Now I got it. Thanks.


----------



## Blackraven (Jan 19, 2006)

Ah I see I see.

So they will check the fuel gauge of your car each time you enter the border checkpoint?


----------



## ChrisZwolle (May 7, 2006)

*Marina Coastal Expressway*

*Marina Coastal Expressway to Open on 29 December 2013*

The Land Transport Authority (LTA) will open the new Marina Coastal Expressway (MCE) from 9am on Sunday, 29 December 2013.

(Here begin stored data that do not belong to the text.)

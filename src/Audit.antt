-- ===== src/Audit.antt =====
-- internal/audit/event.go: the event that a mutation records.
use lightweight_saas_backend.Text.{Text}

pub data ActorType : Type 0 where
  operator_actor project_actor : ActorType

pub record Actor : Type 0 where
  pub kind : ActorType
  pub subject : Text
  pub project_id : Text
  pub credential_id : Text

pub record Target : Type 0 where
  pub kind : Text
  pub id : Text

-- The request's address, agent, reason and metadata are left out: no function here reads them.
pub record Event : Type 0 where
  pub action : Text
  pub actor : Actor
  pub target : Target
  pub workspace : Text
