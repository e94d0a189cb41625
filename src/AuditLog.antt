-- ===== src/AuditLog.antt =====
-- internal/auditlog/redaction.go: what of an event may be kept.
pub mod Laws
use lightweight_saas_backend.Prelude.{
  Bool, List, Option, [], any, false, find, if◌then◌else◌, leb, map, none, some, take, true, ℕ, ◌-◌,
  ◌||◌, ◌∷◌,
}
use lightweight_saas_backend.Text.{Text, codes, len, strip_prefix, text_eq, to_lower}

-- `reasonCodeUnclassified`
abbrev pub reason_code_unclassified : Text
reason_code_unclassified = codes "unclassified_error"

abbrev pub known_reason_codes : List Text
known_reason_codes =
    codes "workspace_mismatch"
    ∷ codes "insufficient_scope"
    ∷ codes "operator_only"
    ∷ codes "role_privileged"
    ∷ codes "forbidden"
    ∷ codes "provider_forbidden"
    ∷ codes "provider_unavailable"
    ∷ codes "provider_credentials_unavailable"
    ∷ codes "connection_read_only"
    ∷ codes "workspace_connection_missing"
    ∷ codes "workspace_connection_unusable"
    ∷ codes "workspace_not_found"
    ∷ codes "workspace_archived"
    ∷ codes "user_not_found"
    ∷ codes "role_not_found"
    ∷ codes "session_not_found"
    ∷ codes "invitation_not_found"
    ∷ codes "project_not_found"
    ∷ codes "project_archived"
    ∷ codes "credential_not_found"
    ∷ codes "credential_already_revoked"
    ∷ codes "credential_limit_reached"
    ∷ codes "role_already_exists"
    ∷ codes "role_reserved"
    ∷ codes "project_name_taken"
    ∷ codes "workspace_slug_taken"
    ∷ codes "invalid_request"
    ∷ codes "invalid_scope"
    ∷ codes "invalid_workspace_id"
    ∷ codes "invalid_user_id"
    ∷ codes "invalid_role_name"
    ∷ codes "invalid_session_id"
    ∷ codes "internal_error"
    ∷ []

abbrev pub begins : Option Text → Bool
begins none = false
begins (some rest) = true

-- `strings.Contains`
unfoldable pub contains : Text → Text → Bool
contains part [] = begins (strip_prefix part [])
contains part (c ∷ s) = begins (strip_prefix part (c ∷ s)) || contains part s

abbrev pub or_unclassified : Option Text → Text
or_unclassified none = reason_code_unclassified
or_unclassified (some code) = code

unfoldable pub reason_code_for : (ℕ → ℕ) → Text → Text
reason_code_for table reason =
    let lowered = to_lower table reason in
    if text_eq reason []
    then []
    else or_unclassified (find (λ code. contains code lowered) known_reason_codes)

abbrev pub max_metadata_values : ℕ
max_metadata_values = 8

abbrev pub max_metadata_string_length : ℕ
max_metadata_string_length = 256

-- The longest beginning of whole characters that has the given number of bytes.
unfoldable pub truncate : ℕ → Text → Text
truncate room [] = []
truncate room (c ∷ s) =
    let width = len (c ∷ []) in
    let rest = truncate (room - width) s in if leb width room then c ∷ rest else []

-- The values of metadata: a text, a Boolean or a number, a list of texts, anything else.
pub data Value : Type 0 where
  text_value : Text → Value
  scalar_value : ℕ → Value
  texts_value : List Text → Value
  other_value : Value

unfoldable pub safe_metadata_value : Value → Option Value
safe_metadata_value (text_value s) = some (text_value (truncate max_metadata_string_length s))
safe_metadata_value (scalar_value n) = some (scalar_value n)
safe_metadata_value (texts_value ss) =
    some (texts_value (map (truncate max_metadata_string_length) (take max_metadata_values ss)))
safe_metadata_value other_value = none

abbrev pub Metadata : Type 0
Metadata = List (Text × Value)

abbrev pub metadata_allowlist : List (Text × List Text)
metadata_allowlist = (codes "project_credential.created", codes "scopes" ∷ []) ∷ []

abbrev pub keys_of : Option (Text × List Text) → List Text
keys_of none = []
keys_of (some e) = e.1

unfoldable pub allowed_keys : Text → List Text
allowed_keys event_type = keys_of (find (λ e. text_eq e.0 event_type) metadata_allowlist)

abbrev pub with_safe : Text → Option Value → Metadata → Metadata
with_safe key none kept = kept
with_safe key (some v) kept = (key, v) ∷ kept

-- The loop over the map, of which the order is of no matter while one key at most is allowed.
unfoldable pub allowlisted : List Text → Metadata → Metadata
allowlisted allowed [] = []
allowlisted allowed ((key, value) ∷ extra) =
    let rest = allowlisted allowed extra in
    if any (text_eq key) allowed then with_safe key (safe_metadata_value value) rest else rest

-- `allowlistMetadata`, with no metadata as the empty list.
unfoldable pub allowlist_metadata : Text → Metadata → Metadata
allowlist_metadata event_type extra =
    take max_metadata_values (allowlisted (allowed_keys event_type) extra)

2. The 5km-long MCE, Singapore’s tenth expressway, will connect the Kallang-Paya Lebar Expressway (KPE) and the East Coast Parkway (ECP) in the east to the Ayer Rajah Expressway (AYE) in the west. 3.6km of MCE is built as a tunnel, including a 420m section underneath the sea bed.

3. A five-lane expressway in both directions, MCE will link motorists directly to the heart of the downtown at Marina South through the new connections with Central Boulevard, Marina Boulevard and Maxwell Road.

4. With traffic currently using the ECP now channelled to the MCE, the stretch of the ECP west of Benjamin Sheares Bridge will be converted to a major arterial road. The stretch of the existing ECP after Central Boulevard will be expunged. These changes will free up valuable land space in the city centre currently occupied by the ECP and allow for future development of the downtown at Marina South. This will also enhance the overall quality of the downtown at Marina South as a live-work-play precinct.

5. A new arterial road, Sheares Avenue, will bring traffic from the ECP directly into the CBD and connect with Central Boulevard and Marina Boulevard. Please refer to Annex A for a map of MCE and its key connections.​
full press release: http://app.lta.gov.sg/apps/news/page.aspx?c=2&id=423506b1-f4f6-4631-a50e-c5560cf5d2c1


----------



## phongnv02 (Nov 15, 2013)

I know there are muccchhhh more of SIngapore Highways


----------



## ChrisZwolle (May 7, 2006)

*Marina Coastal Expressway*

The Marina Coastal Expressway opens to traffic today (Dec. 29)


Opening Ceremony of Marina Coastal Expressway (MCE) by Ministry of Transport Singapore, on Flickr


Opening Ceremony of Marina Coastal Expressway (MCE) by Ministry of Transport Singapore, on Flickr


Opening Ceremony of Marina Coastal Expressway (MCE) by Ministry of Transport Singapore, on Flickr


Opening Ceremony of Marina Coastal Expressway (MCE) by Ministry of Transport Singapore, on Flickr


----------



## WingWing (Jun 14, 2013)

I expected a visible view of sea from the tunnel

anyway the tunnel is smooth, the asphalt really good until i cant hear my car tyre noise (zero level) and probably best road in singapore as this road very even and straight unlike in KPE and CTE very uneven.

Very wide 5 lane expressway, thumbsup for the LTA


----------



## BenjiMan (Jan 29, 2012)

Why are the road markings so short? It looks like 2 meters stripes with 3 meters space between. That's no size for a motorway! hno:


----------



## ChrisZwolle (May 7, 2006)

I was watching this video (realtime) which looked a bit timelapsed due to the road markings being so short for an expressway.


----------



## mcarling (Nov 1, 2008)

BenjiMan said:


> Why are the road markings so short? It looks like 2 meters stripes with 3 meters space between. That's no size for a motorway! hno:


The speed limit is 80 km/h.


----------



## sirfreelancealot (Jul 26, 2010)

mcarling said:


> The speed limit is 80 km/h.


What mcarling said. The speed limit is 80km/h (50mph). In the UK lane markings are similarly more frequent when speed limits are as low. If they were longer and spaced further apart, 50mph would feel much slower. The timelapse effect makes the speed feel faster, except large scale features still pass by quite slowly.


----------



## ChrisZwolle (May 7, 2006)

*Marina Coastal Expressway*


Squall City by night86mare, on Flickr


Highway 12 by LINYIHAN, on Flickr


----------



## Losbp (Nov 20, 2012)

You can see Seletar Expressway *(SLE)* and Tampines Expressway *(TPE)* in this video:


----------



## ChrisZwolle (May 7, 2006)

*Pan Island Expressway*

*Upsized PIE Ready to Serve*

LTA Completes Widening of Pan-Island Expressway
between Clementi Avenue 6 and Adam Road

1. The Land Transport Authority (LTA) has completed the widening of the Pan-Island Expressway (PIE) between Clementi Avenue 6 and Adam Road.

2. Works to widen the 5.8km stretch of PIE started in July 2011. Besides adding one lane to both sides of the expressway, the project also included the structural expansion of the existing Eng Neo, Chantek and Anak Bukit Flyovers.​
Full press release: http://app.lta.gov.sg/apps/news/page.aspx?c=2&id=563d24d2-ce28-484c-a961-00a3dd633b2c

I think this means PIE is now eight lanes wide between Clementi Avenue 6 and the BKE, and ten lanes from BKE to Adam Road?


----------